Ugh...can NBALP ever give us the Heat broadcast?


----------



## Smithian (Apr 3, 2006)

-33- said:


> Ugh...can NBALP ever give us the Heat broadcast?


I'm starting to wonder.


----------



## Wade County (Jun 22, 2003)

Smithian said:


> I hope we humiliate Beasley. I would double team him with Bosh and Bron all night. Have Joel cover K-Love and let Darko screw himself. We'll still win. Just freaking humiliate Beasley. Destroy him. Make him have the worst game of his NBA career.

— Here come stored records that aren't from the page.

-- ===== src/Job.antt =====
-- The package control-plane/job and its in-memory repository control-plane/job/memory.
pub mod Error
pub mod Spec
pub mod Status
pub mod Model
pub mod Lifecycle
pub mod Memory
pub mod Mutation
pub mod Laws
mod Samples
mod Tests
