-- ===== src/Job/Laws.antt =====
-- What holds of the job record and its lifecycle.
pub mod Validity
pub mod Transitions
pub mod Reports
pub mod Runs
pub mod Records
pub mod Store
pub mod Pages
pub mod Mutations
pub mod History
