-- ===== src/Job/Lifecycle.antt =====
-- control-plane/job/lifecycle.go: what a user asks for (start, stop, a new spec, deletion) and what
-- the controller reports (`advance`). A time argument is what the caller passes as `now`.
use astra_sync.Prelude.{
  ℤ, Bool, true, false, not, ◌&&◌, ◌||◌, Option, none, some, is_set, is_positive, int_eq, int_lt,
  inc64, inc32, if◌then◌else◌, Result, ok, err, check, ◌>>◌,
}
use astra_sync.Job.Error.{
  Error, State, initializing, running, canceling, canceled, finished, failed, unsupported,
  cannot_update, cannot_delete, cannot_start, cannot_stop, cannot_advance, failure_required,
  failure_not_allowed, stale_epoch,
}
use astra_sync.Job.Spec.{Spec, validate_spec}
use astra_sync.Job.Status.{
  Failure, Time, stopped, started, desires_running, desires_stopped, executes, is_failed,
  is_running, active, terminal, state_eq,
}
use astra_sync.Job.Model.{Job}

unfoldable pub replace_spec : Job → Spec → Time → Result Error Job
replace_spec j s now = do
  validate_spec s
  check (active j.state) (cannot_update j.state)
  ok (record j { spec = s; updated_at = now })

unfoldable pub deletable : Job → Result Error (Unit {0})
deletable j = check (active j.state) (cannot_delete j.state)

unfoldable pub validate_epoch_monotonicity : Job → Job → Result Error (Unit {0})
validate_epoch_monotonicity current candidate =
    check (int_lt candidate.epoch current.epoch) (stale_epoch current.epoch candidate.epoch)

-- The job after a start that is accepted.
abbrev pub launched : Job → Time → Job
launched j now = record j {
  status = record j.status {
    restart_count = if is_positive j.epoch then inc32 j.restart_count else j.restart_count;
    epoch = inc64 j.epoch;
    desired = started;
    state = initializing;
    start_time = some now;
    end_time = none;
    failure = none;
  };
  updated_at = now;
}

-- The `switch` of `RequestStart`: whether the state lets a start through.
abbrev pub start_allowed : State → Bool
start_allowed canceling = false
start_allowed (unsupported s) = false
start_allowed _ = true

-- The Boolean says whether the job changed.
unfoldable pub request_start : Job → Time → Result Error (Job × Bool)
request_start j now =
    if desires_running j.desired && executes j.state
    then ok (j, false)
    else (if start_allowed j.state
        then (if executes j.state && desires_running j.desired
            then ok (j, false)
            else ok (launched j now, true))
        else err (cannot_start j.state))

-- A running job goes over to CANCELING; a terminal one only changes what is desired of it.
abbrev pub canceling_job : Job → Time → Job
canceling_job j now = record j {
  status = record j.status { desired = stopped; state = canceling };
  updated_at = now;
}

abbrev pub undesired_job : Job → Time → Job
undesired_job j now = record j { status = record j.status { desired = stopped }; updated_at = now }

-- The `switch` of `RequestStop`.
abbrev pub stop_branch : State → Job → Time → Result Error (Job × Bool)
stop_branch initializing j now = ok (canceling_job j now, true)
stop_branch running j now = ok (canceling_job j now, true)
stop_branch canceled j now = ok (undesired_job j now, true)
stop_branch finished j now = ok (undesired_job j now, true)
stop_branch failed j now = ok (undesired_job j now, true)
stop_branch s j now = err (cannot_stop s)

unfoldable pub request_stop : Job → Time → Result Error (Job × Bool)
request_stop j now = if desires_stopped j.desired then ok (j, false) else stop_branch j.state j now

unfoldable pub allowed_transition : State → State → Bool
allowed_transition initializing next = is_running next || is_failed next
allowed_transition running finished = true
allowed_transition running next = is_failed next
allowed_transition canceling canceled = true
allowed_transition canceling next = is_failed next
allowed_transition _ next = false

-- The job after an advance that is accepted.
abbrev pub advanced : Job → State → Option Failure → Time → Job
advanced j next f now = record j {
  status = record j.status {
    state = next;
    failure = f;
    end_time = if terminal next then some now else (if is_running next then none else j.end_time);
    desired = if terminal next then stopped else j.desired;
  };
  updated_at = now;
}

unfoldable pub advance : Job → ℤ → State → Option Failure → Time → Result Error (Job × Bool)
advance j supplied next f now = do
  check (not (int_eq supplied j.epoch)) (stale_epoch j.epoch supplied)
  if state_eq next j.state then ok (j, false) else do
    check (not (allowed_transition j.state next)) (cannot_advance j.state next)
    check (is_failed next && not (is_set f)) failure_required
    check (not (is_failed next) && is_set f) failure_not_allowed
    ok (advanced j next f now, true)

Force him into such depression he has to light up a joint in the post-game lockerroom.
> 
> Michael Beasley did not succeed here. There is reason we only got a couple second round picks for a 15 and 7(or around there)conbo forward who was like 21.
> 
> And if he has a good game tonight, don't come on here with all that, "**** you Spo! You ruined him!" stuff. If he was capable of being a winner, a lot of teams would have wanted him.


I dont get your Beasley hate. I get that he's the antithesis of what you like in a player (considering your Anthony and Beverley love). Yeah he could've been better here, but you can't say he was really put in a position to succeed. He never had the true backing of the organisation from draft day. No he didnt do himself any favours with his actions, but if we committed to him - it might've been different.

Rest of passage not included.